Com este desmatamento pelos desbravadores, nossa região passou de 270 árvores por hectares, para 76 árvores por hectares, o que representa um raleamento de 72% das árvores que formavam um manto contínuo da Mata Atlântica.

Mais adiante em 1968 a Ceplac, recomendou que se eliminassem mais árvores, pois nas pesquisas realizadas em campo, constatou-se que o cacaueiro em exposição direta a luz solar não era prejudicial ao cacaueiro, desde que fossem adotadas algumas práticas como: calagem, adubação, combate as pragas e um controle mais eficaz as doenças, e também que estes cacaueiros estivessem em solos profundos, para suportarem um período maior de estiagem. Com o preço do cacau em alta e financiamento barato os agricultores obedeceram a Ceplac e fizeram o “raleamento de sombra” e com isso eliminaram mais de 60% das árvores da Mata Atlântica que cobriam os cacaueiros. E ainda levados pela euforia a Ceplac passou a recomendar a IMPLANTAÇÃO DE NOVOS CACAUEIROS COM A DERRUBA TOTAL DA MATA.
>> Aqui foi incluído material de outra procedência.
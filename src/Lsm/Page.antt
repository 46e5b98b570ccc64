-- ===== src/Lsm/Page.antt =====
-- lsm/disk/page.cpp: a loaded page. The parallel vectors `keys_`, `seq_nos_` and `values_` are one
-- list of records.
use structuredb.Base.{
  ℕ, suc, ◌<◌, ◌≡◌, true, false, Option, none, some, List, [], ◌∷◌, ◌++◌, arith, if◌then◌else◌,
  length, get_elem?, drop,
}
use structuredb.Base.Str.{Str, str_lt, str_lt_trans, str_lt_total, str_lt_irrefl}
use structuredb.Lsm.Types.{Record}
use structuredb.Lsm.Range.{IsKeySorted, above_lower, drop_until, str_le_trans}

abbrev pub Page : Type 0
Page = List Record

-- `std::ranges::lower_bound` over the keys, as an offset.
unfoldable pub find : Str → Page → ℕ
find key [] = 0
find key (r ∷ rs) = if str_lt r.key key then suc (find key rs) else 0

-- Behind the end of the vectors the access is undefined: `none`.
unfoldable pub at : Page → ℕ → Option Record
at page pos = get_elem? page pos

-- `keys_.back()`, undefined on an empty page.
unfoldable pub max_key : Page → Option Str
max_key [] = none
max_key (r ∷ []) = some r.key
max_key (r ∷ x ∷ rs) = max_key (x ∷ rs)

abbrev pub size : Page → ℕ
size = length

-- Every key of a sorted page is at most the last.
pub le_max_key :
    (r : Record) (rs : Page) (m : Str)
    → IsKeySorted (r ∷ rs)
    → max_key (r ∷ rs) ≡ some m
    → str_lt m r.key ≡ false
unfolding max_key
le_max_key r [] m h e = ground (arith, str_lt_irrefl m)
le_max_key r (x ∷ rs) m h e = str_le_trans r.key x.key m h.0.0 (le_max_key x rs m h.1 e)

-- A page whose last key is below the bound holds nothing above it.
pub drop_until-below :
    (key m : Str) (page : Page) (rest : List Record)
    → IsKeySorted page
    → max_key page ≡ some m
    → str_lt m key ≡ true
    → drop_until (above_lower (some key)) (page ++ rest) ≡ drop_until (above_lower (some key)) rest
unfolding max_key drop_until
drop_until-below key m [] rest h e lt = cc
drop_until-below key m (r ∷ []) rest h e lt = ground arith
drop_until-below key m (r ∷ x ∷ rs) rest h e lt = ground (
  arith,
  drop_until-below key m (x ∷ rs) rest h.1 e lt,
  le_max_key r (x ∷ rs) m h e,
  str_lt_trans r.key m key,
  str_lt_total r.key m,
)

-- In a page whose last key reaches the bound, `Find` is the place of the first record that does.
pub find_lem :
    (key m : Str) (page : Page) (rest : List Record)
    → max_key page ≡ some m
    → str_lt m key ≡ false
    → (find key page < length page)
      × (drop_until (above_lower (some key)) (page ++ rest) ≡ drop (find key page) page ++ rest)
unfolding max_key drop_until find
find_lem key m [] rest e ge = cc
find_lem key m (r ∷ []) rest e ge = ground arith
find_lem key m (r ∷ x ∷ rs) rest e ge = ground (arith, find_lem key m (x ∷ rs) rest e ge)
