-- ===== src/Lsm/SsTable.antt =====
-- lsm/ss_table.cpp and lsm/iterators/ss_table_iterator.cpp. A table is its header and its decoded
-- pages: the file never changes once it is written, so reading a page when it is asked for, with or
-- without a cache, gives what `pages` holds.
pub mod Seek
pub mod Walk
pub mod Scan
use structuredb.Base.{
  ℕ, zero, suc, ◌+◌, ◌-◌, ◌/◌, Bool, true, false, Option, none, some, List, [], ◌∷◌, ◌++◌,
  if◌then◌else◌, length, get_elem?, ltb, leb,
}
use structuredb.Base.Str.{Str, str_le}
use structuredb.Lsm.Types.{Record, ScanRange}
use structuredb.Lsm.Range.{below_upper}
use structuredb.Lsm.Page
use structuredb.Lsm.Page.{Page}

pub record SsTable : Type 0 where
  -- the number in the file's name
  pub file_no : ℕ
  pub pages : List Page
  pub max_seq_no : ℕ

abbrev pub page_count : SsTable → ℕ
page_count t = length t.pages

-- The assertion that the page exists: `none`.
unfoldable pub get_page : ℕ → SsTable → Option Page
get_page page_num t = get_elem? t.pages page_num

unfoldable pub page_max_key : ℕ → SsTable → Option Str
unfolding get_page
page_max_key n t = elim (get_page n t) [ none ↦ none | some page ↦ Page.max_key page ]

-- The loop of `LowerBound`.
unfoldable pub lower_bound_loop : ℕ → Str → SsTable → ℕ → ℕ → Option ℕ
lower_bound_loop zero key t lo hi = none
lower_bound_loop (suc fuel) key t lo hi =
    let mid = lo + (hi - lo) / 2 in
    elim (ltb lo hi) [
      | false ↦ some lo
      | true ↦ elim (page_max_key mid t) [
        | none ↦ none
        | some m ↦ elim (str_le key m) [
          | true ↦ lower_bound_loop fuel key t lo mid
          | false ↦ lower_bound_loop fuel key t (mid + 1) hi
        ]
      ]
    ]

-- The interval shrinks in each round, so its length bounds the rounds.
unfoldable pub lower_bound : Str → SsTable → Option ℕ
unfolding lower_bound_loop
lower_bound key t = lower_bound_loop (page_count t + 1) key t 0 (page_count t)

pub record SsTableIterator : Type 0 where
  pub ss_table : SsTable
  pub range : ScanRange
  pub current_page : ℕ
  pub current_record : ℕ
  pub next_record : Option Record

-- `NextImpl`: the record at the position, and the position behind it.
unfoldable pub next_impl : SsTableIterator → Option (Option Record × SsTableIterator)
unfolding get_page Page.at
next_impl i = elim (leb (page_count i.ss_table) i.current_page) [
  | true ↦ some (none, i)
  | false ↦ elim (get_page i.current_page i.ss_table) [
    | none ↦ none
    | some page ↦ elim (Page.at page i.current_record) [
      | none ↦ none
      | some r ↦ some (
        some r,
        (if leb (Page.size page) (i.current_record + 1)
            then record i { current_record = 0; current_page = i.current_page + 1 }
            else record i { current_record = i.current_record + 1 }),
      )
    ]
  ]
]

-- The start of a scan: the position of the lower bound.
unfoldable pub seek : Option Str → SsTable → Option (ℕ × ℕ)
unfolding lower_bound get_page Page.find
seek none t = some (0, 0)
seek (some key) t = elim (lower_bound key t) [
  | none ↦ none
  | some p ↦ elim (ltb p (page_count t)) [
    | false ↦ some (p, 0)
    | true ↦ elim (get_page p t) [ none ↦ none | some page ↦ some (p, Page.find key page) ]
  ]
]

abbrev pub fetch : SsTableIterator → Option SsTableIterator
fetch i = elim (next_impl i) [ none ↦ none | some (r, i') ↦ some (record i' { next_record = r }) ]

-- `SSTableIterator::Create`
unfoldable pub scan : ScanRange → SsTable → Option SsTableIterator
unfolding seek
scan range t = elim (seek range.lower_bound t) [
  | none ↦ none
  | some (p, r) ↦ fetch (record {
    ss_table = t;
    range = range;
    current_page = p;
    current_record = r;
    next_record = none;
  })
]

unfoldable pub has_more : SsTableIterator → Bool
has_more i = elim i.next_record [ none ↦ false | some r ↦ below_upper i.range.upper_bound r ]

unfoldable pub next : SsTableIterator → Option (Record × SsTableIterator)
next i = elim i.next_record [
  | none ↦ none
  | some r ↦ elim (next_impl i) [
    | none ↦ none
    | some (n, i') ↦ some (r, record i' { next_record = n })
  ]
]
Depois destas recomendações a região que já tinha em média 76 árvores por hectares, caíra para 38 árvores em média por hectare, ou seja, mais 50% da mata fora para o espaço.

Pelos dados que temos em nossas pesquisas podemos afirmar que nada menos de 89 milhões e 400mil árvores foram eliminadas nos 600 mil hectares da área de cacaueiros daquela época.

Por fim, queremos dizer que a dinâmica da ocupação da terra foi em função do momento em que os conhecimentos teóricos ou práticos eram disponíveis ou a serem desenvolvidos quando solicitados, em decorrência da demanda do produto agrícola (cacau). Em nome da melhor produção e produtividade esqueceu-se de pesquisar a prática ecologicamente mais correta.

Então na verdade, o que temos nesta região do cacau é um “esquelético verde” que representa apenas 17% do número de árvores da floresta original do século passado. Mesmo assim, vale salientar que este percentual de 17%, mesmo que baixo, deve-se ao cultivo do cacau, mas não pela suposta sabedoria dos agricultores em Meio Ambiente, e sim porque nossos cacauais (68.000 hectares) aproximadamente estão plantados em solos férteis.

Feito este relato queremos desmistificar que o “Coronel do Cacau”, não era por excelência um ambientalista, foi tudo conforme os interesses da época, que me perdoe o exaltado agricultor a quem me referi no começo deste artigo.

Agora vem o Porto Sul e já começam os ecochatos e pseudos ambientalistas com as mesmas ladainhas de 40 anos atrás. Será que teremos que cruzar os braços e parar no tempo, achando que o progresso virar da mesma maneira?…

JOSÉ REZENDE MENDONÇA

Técnico Agrícola – Aposentado (Ceplac). Especialista em Fotointerpretação e Cartografia. Fotografias aéreas, imagens de Satélite e Radar (Vegetação, Uso da Terra, Solos, Hidrografia, Relevo, etc.)